Looking through the listing that follows, count the lines that contain "true" and give only that number.

Records for this exercise =>
************

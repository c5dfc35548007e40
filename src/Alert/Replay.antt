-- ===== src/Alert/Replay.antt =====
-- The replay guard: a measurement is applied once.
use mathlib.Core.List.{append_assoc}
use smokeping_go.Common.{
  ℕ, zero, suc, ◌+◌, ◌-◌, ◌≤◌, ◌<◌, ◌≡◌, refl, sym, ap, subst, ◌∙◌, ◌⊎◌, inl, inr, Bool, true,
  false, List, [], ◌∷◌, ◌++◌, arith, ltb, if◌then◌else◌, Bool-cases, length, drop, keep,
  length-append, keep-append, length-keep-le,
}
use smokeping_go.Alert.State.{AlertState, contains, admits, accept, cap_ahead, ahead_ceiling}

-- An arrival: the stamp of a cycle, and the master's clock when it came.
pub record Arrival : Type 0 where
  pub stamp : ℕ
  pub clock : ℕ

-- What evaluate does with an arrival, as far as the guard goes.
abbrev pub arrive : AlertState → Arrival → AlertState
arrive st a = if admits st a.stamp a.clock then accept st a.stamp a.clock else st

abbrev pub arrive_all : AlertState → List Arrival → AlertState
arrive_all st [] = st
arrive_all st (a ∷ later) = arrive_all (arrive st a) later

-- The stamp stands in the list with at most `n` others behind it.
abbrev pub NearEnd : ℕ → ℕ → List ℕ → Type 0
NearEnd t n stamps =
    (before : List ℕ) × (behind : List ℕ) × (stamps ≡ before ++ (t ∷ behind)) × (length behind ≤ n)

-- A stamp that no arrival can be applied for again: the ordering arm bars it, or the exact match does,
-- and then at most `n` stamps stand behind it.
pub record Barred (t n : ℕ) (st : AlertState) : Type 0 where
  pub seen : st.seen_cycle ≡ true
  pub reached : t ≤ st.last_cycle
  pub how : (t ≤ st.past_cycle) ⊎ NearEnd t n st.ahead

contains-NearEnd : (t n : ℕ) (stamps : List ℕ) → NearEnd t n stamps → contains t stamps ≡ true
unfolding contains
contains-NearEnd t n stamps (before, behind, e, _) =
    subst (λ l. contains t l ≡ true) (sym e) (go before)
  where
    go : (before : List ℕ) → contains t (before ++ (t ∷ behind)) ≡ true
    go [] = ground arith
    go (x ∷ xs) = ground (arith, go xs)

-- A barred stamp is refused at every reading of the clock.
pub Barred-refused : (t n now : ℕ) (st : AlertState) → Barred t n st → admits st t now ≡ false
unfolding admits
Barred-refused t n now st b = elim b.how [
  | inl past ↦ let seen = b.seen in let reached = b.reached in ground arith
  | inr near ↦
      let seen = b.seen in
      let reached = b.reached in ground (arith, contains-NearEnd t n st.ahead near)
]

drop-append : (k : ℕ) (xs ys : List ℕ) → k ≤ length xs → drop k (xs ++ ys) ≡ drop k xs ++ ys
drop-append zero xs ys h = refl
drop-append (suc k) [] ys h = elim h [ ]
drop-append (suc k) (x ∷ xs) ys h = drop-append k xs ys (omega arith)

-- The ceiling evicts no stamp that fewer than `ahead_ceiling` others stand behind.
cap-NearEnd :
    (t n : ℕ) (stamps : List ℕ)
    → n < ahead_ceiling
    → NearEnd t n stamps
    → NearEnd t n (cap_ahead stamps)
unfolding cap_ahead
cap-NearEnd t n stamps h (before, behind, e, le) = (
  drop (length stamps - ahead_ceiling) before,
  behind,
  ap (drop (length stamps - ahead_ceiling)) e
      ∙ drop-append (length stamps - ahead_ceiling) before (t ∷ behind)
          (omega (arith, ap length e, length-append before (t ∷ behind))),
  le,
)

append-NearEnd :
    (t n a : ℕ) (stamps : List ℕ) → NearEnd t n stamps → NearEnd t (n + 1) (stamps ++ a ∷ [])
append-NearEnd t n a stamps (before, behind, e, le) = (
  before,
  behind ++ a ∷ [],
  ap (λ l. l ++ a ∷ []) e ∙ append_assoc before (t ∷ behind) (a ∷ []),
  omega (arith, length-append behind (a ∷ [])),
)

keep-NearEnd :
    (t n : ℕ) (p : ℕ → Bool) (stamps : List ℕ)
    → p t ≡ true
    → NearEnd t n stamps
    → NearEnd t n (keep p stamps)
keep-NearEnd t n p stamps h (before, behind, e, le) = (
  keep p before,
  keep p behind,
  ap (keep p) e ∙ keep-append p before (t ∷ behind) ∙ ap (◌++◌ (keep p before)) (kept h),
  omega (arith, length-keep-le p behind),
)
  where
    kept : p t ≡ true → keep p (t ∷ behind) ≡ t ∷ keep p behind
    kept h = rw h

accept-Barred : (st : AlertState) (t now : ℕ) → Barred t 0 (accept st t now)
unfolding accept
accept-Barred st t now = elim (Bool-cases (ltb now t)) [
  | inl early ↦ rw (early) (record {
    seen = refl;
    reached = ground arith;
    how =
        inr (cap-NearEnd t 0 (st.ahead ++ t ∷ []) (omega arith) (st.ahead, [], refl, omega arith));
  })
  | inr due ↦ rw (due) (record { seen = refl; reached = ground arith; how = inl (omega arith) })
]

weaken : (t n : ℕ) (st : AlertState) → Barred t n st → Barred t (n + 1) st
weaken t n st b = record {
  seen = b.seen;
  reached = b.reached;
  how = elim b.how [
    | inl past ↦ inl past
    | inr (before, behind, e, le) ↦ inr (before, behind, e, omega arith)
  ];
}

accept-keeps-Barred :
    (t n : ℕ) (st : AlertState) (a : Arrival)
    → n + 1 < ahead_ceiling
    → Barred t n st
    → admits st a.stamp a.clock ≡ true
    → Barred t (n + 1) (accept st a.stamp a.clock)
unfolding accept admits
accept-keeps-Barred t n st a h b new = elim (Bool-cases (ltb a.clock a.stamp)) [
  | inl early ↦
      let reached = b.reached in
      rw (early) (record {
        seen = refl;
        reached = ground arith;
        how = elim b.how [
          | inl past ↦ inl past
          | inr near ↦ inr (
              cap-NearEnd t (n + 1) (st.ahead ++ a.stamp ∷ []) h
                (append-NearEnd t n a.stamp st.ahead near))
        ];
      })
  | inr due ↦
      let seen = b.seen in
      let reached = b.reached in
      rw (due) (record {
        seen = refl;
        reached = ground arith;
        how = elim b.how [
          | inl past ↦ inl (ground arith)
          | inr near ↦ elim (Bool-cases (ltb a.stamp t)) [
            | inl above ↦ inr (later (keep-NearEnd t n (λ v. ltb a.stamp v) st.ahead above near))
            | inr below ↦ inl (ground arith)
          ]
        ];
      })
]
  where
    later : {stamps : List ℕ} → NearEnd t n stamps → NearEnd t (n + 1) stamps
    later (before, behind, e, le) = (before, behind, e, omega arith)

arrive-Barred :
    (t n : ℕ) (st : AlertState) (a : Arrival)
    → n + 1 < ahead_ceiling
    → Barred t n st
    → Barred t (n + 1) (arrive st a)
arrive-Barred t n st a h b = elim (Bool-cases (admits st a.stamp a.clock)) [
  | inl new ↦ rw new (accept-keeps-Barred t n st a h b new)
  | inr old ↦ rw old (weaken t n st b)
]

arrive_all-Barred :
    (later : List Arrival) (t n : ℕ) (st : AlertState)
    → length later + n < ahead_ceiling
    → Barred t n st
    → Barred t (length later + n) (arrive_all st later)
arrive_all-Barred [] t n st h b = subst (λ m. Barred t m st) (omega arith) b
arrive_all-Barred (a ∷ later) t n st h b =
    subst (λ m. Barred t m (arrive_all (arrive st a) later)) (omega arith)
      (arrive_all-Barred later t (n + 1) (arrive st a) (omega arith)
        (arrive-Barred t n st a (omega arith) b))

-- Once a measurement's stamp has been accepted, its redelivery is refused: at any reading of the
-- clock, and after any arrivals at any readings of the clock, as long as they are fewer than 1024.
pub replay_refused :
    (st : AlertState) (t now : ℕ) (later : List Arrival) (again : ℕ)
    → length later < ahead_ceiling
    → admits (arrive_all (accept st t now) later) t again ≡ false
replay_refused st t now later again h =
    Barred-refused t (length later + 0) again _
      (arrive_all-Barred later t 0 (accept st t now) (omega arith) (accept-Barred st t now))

************

Answer space => 8